With the study data, it is observed that a person is more likely to commit a crime or break the law when he is younger, has a lower educational level, is prone to corruption, and has a high level of distrust. In the last section, some conclusions are offered on the main findings of this document and the possibilities for generating public policy actions.
Policy implication and conclusions
As mentioned above, this study shows evidence of the impact of a citizen's age, education, proclivity for corruption, and degree of mistrust, on crime propensity or willingness to violate the law.

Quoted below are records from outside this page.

-- ===== src/Cpp.antt =====
-- What the program uses of the C++ standard library: extraction from a stream of text, decimal
-- numbers, and searches in a `std::string`.
pub mod Stream
pub mod Decimal
pub mod Int
pub mod Lines
pub mod Hexadecimal
pub mod Sort
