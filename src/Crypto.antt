-- ===== src/Crypto.antt =====
-- src/core/crypto: hexadecimal text, the printed digest, and the hybrid encryption of files.
pub mod Hex
pub mod Sha256
pub mod Hybrid
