-- ===== src/Crypto/Hybrid/Nonce.antt =====
-- The nonces of the chunks of a file.
use s2_decentralised_storage.Prelude.{
  ℕ, ◌+◌, ◌*◌, ◌%◌, ◌^◌, ◌<◌, ◌≡◌, ap, [], ◌∷◌, Bytes, length, arith,
}
use s2_decentralised_storage.Crypto.Hybrid.{Result, ok, throw, derive_chunk_iv}

-- The last four bytes of a text of twelve.
abbrev counter_of : Bytes → ℕ
counter_of (a ∷ b ∷ c ∷ d ∷ e ∷ f ∷ g ∷ h ∷ w ∷ x ∷ y ∷ z ∷ []) =
    w * 2 ^ 24 + x * 2 ^ 16 + y * 2 ^ 8 + z
counter_of _ = 0

abbrev iv_counter : Result Bytes → ℕ
iv_counter (ok iv) = counter_of iv
iv_counter (throw e) = 0

-- Big-endian bytes give the counter back.
iv_counter-derive_chunk_iv :
    (base : Bytes) (idx : ℕ)
    → length base ≡ 12
    → iv_counter (derive_chunk_iv base idx) ≡ idx % 2 ^ 32
unfolding derive_chunk_iv
iv_counter-derive_chunk_iv (a ∷ b ∷ c ∷ d ∷ e ∷ f ∷ g ∷ h ∷ w ∷ x ∷ y ∷ z ∷ []) idx l = omega arith
iv_counter-derive_chunk_iv _ idx l = absurd (omega arith)

-- For a base nonce of 12 bytes and chunk indices below 2^32, equal chunk nonces have equal indices.
pub derive_chunk_iv-injective :
    (base : Bytes) (i j : ℕ)
    → length base ≡ 12
    → i < 2 ^ 32
    → j < 2 ^ 32
    → derive_chunk_iv base i ≡ derive_chunk_iv base j
    → i ≡ j
derive_chunk_iv-injective base i j l hi hj e = omega (
  arith,
  iv_counter-derive_chunk_iv base i l,
  iv_counter-derive_chunk_iv base j l,
  ap iv_counter e,
)

-- A chunk index 2^32 further on has the same nonce again, or throws as before.
pub derive_chunk_iv_wrap :
    (base : Bytes) (i : ℕ) → derive_chunk_iv base (i + 2 ^ 32) ≡ derive_chunk_iv base i
unfolding derive_chunk_iv
derive_chunk_iv_wrap base i = let e : (i + 2 ^ 32) % 2 ^ 32 ≡ i % 2 ^ 32 = omega arith in rw e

According to the results found, and in general terms, we can conclude that there is a greater propensity for crime in younger people, with a lower degree of education, less social trust, and with a greater inclination to corruption. In most of the models analyzed, these variables have a significant impact and the goodness of fit of these models is between a correctly predicted percentage of 60.5% and 71.3%
However, beyond the interpretation of the numbers, it is important to describe the policy implications. This is the importance of building trust. This is linked to the notion of being or feeling safe regarding the problem of surviving and being able to make choices (Williams, 2013). For this, the provision of rights of individuals and having reliable political and social institutions that guarantee overcoming poverty, inequality, and unemployment are essential; promoting family and community ties and the political inclusion of minorities; and guarantee access to health services, personal and legal security; and to public services in general. Of all this, however, it is important to place greater emphasis on youth. For which the creation of programs that emphasize the importance of respecting the law and the rights of their peers is also recommended. Education, on the other hand, is a crucial tool in building trust, every time it generates capacities that allow for civic, ethical, and professional development.
Regarding trust in institutions, it is important to punish corrupt acts and increase the cost of crime, as this inhibits the incentives for the law to violate. Increasing the level of social trust is the most relevant factor because it modifies the perception of limitations in citizens and more involvement with their community.